For every line below that includes the word "message", add one; report the final number and nothing else.

START Provided data

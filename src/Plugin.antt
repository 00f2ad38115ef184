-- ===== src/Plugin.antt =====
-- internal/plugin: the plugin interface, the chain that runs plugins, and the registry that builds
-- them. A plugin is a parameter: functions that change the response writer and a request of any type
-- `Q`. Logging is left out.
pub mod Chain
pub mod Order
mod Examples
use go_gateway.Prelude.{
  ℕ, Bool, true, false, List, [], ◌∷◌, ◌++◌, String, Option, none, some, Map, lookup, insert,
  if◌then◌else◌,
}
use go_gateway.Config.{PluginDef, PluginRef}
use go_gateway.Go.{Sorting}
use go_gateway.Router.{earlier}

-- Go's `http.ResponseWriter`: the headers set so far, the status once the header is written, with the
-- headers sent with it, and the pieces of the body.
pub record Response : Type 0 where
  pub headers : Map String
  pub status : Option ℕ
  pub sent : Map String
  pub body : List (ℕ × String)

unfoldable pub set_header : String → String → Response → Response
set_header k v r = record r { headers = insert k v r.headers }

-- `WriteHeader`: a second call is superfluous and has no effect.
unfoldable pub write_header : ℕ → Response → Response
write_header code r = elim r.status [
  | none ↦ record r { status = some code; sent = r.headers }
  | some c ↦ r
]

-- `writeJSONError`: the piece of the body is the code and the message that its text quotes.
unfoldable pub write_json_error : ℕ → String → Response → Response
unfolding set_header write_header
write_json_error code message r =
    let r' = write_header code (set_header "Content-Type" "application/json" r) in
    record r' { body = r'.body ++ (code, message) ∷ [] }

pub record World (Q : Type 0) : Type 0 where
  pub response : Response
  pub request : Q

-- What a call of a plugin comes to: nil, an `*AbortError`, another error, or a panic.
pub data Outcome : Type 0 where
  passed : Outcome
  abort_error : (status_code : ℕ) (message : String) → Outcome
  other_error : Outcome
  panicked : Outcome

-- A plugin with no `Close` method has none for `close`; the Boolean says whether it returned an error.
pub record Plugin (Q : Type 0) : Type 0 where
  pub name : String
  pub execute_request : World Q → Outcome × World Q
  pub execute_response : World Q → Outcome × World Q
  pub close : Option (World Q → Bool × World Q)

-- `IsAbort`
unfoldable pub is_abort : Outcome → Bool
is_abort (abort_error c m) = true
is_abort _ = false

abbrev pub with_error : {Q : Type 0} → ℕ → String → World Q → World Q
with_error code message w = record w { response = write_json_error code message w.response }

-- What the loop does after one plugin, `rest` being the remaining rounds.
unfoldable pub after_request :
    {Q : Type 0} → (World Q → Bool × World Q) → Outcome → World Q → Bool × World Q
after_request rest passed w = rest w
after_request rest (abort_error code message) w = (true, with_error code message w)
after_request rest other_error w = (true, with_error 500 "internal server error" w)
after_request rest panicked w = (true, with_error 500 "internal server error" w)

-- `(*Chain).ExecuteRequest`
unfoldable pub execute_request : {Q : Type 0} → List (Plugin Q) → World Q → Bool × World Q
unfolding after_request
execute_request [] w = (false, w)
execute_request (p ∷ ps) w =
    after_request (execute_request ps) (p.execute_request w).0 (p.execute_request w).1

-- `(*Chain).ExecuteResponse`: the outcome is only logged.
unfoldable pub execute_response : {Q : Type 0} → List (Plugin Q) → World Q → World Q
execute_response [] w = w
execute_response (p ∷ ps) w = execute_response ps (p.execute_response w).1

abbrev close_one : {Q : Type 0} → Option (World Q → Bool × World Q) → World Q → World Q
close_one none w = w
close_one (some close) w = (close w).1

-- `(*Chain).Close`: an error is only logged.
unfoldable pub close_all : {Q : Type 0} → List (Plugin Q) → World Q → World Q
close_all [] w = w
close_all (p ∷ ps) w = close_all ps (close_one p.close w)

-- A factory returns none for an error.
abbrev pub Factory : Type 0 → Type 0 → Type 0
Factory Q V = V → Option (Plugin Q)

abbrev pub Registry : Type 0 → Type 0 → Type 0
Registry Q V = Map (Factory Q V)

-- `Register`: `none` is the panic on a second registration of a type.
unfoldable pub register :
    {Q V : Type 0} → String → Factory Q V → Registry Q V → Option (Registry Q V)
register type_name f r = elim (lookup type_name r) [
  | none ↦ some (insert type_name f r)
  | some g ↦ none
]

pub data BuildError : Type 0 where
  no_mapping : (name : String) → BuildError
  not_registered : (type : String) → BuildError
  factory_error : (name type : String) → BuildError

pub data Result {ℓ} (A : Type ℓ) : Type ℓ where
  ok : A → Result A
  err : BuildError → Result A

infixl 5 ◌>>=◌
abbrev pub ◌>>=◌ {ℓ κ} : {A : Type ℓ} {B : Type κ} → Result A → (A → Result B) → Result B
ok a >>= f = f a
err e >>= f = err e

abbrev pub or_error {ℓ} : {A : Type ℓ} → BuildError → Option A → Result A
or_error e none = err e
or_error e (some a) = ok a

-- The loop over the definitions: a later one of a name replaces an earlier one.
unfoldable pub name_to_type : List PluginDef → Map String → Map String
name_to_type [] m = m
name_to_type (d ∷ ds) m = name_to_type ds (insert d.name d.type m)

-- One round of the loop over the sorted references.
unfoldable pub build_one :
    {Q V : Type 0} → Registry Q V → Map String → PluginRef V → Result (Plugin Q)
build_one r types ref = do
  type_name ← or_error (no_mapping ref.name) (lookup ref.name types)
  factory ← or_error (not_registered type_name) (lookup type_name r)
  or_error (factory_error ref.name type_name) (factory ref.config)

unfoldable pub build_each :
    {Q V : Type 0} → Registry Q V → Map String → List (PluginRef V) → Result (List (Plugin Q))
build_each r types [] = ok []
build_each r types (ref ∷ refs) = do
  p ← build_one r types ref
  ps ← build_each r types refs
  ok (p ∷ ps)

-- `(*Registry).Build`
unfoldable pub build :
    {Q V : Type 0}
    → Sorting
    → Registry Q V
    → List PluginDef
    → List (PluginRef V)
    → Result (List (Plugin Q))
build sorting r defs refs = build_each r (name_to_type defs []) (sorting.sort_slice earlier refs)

END Provided data

- Task answer
6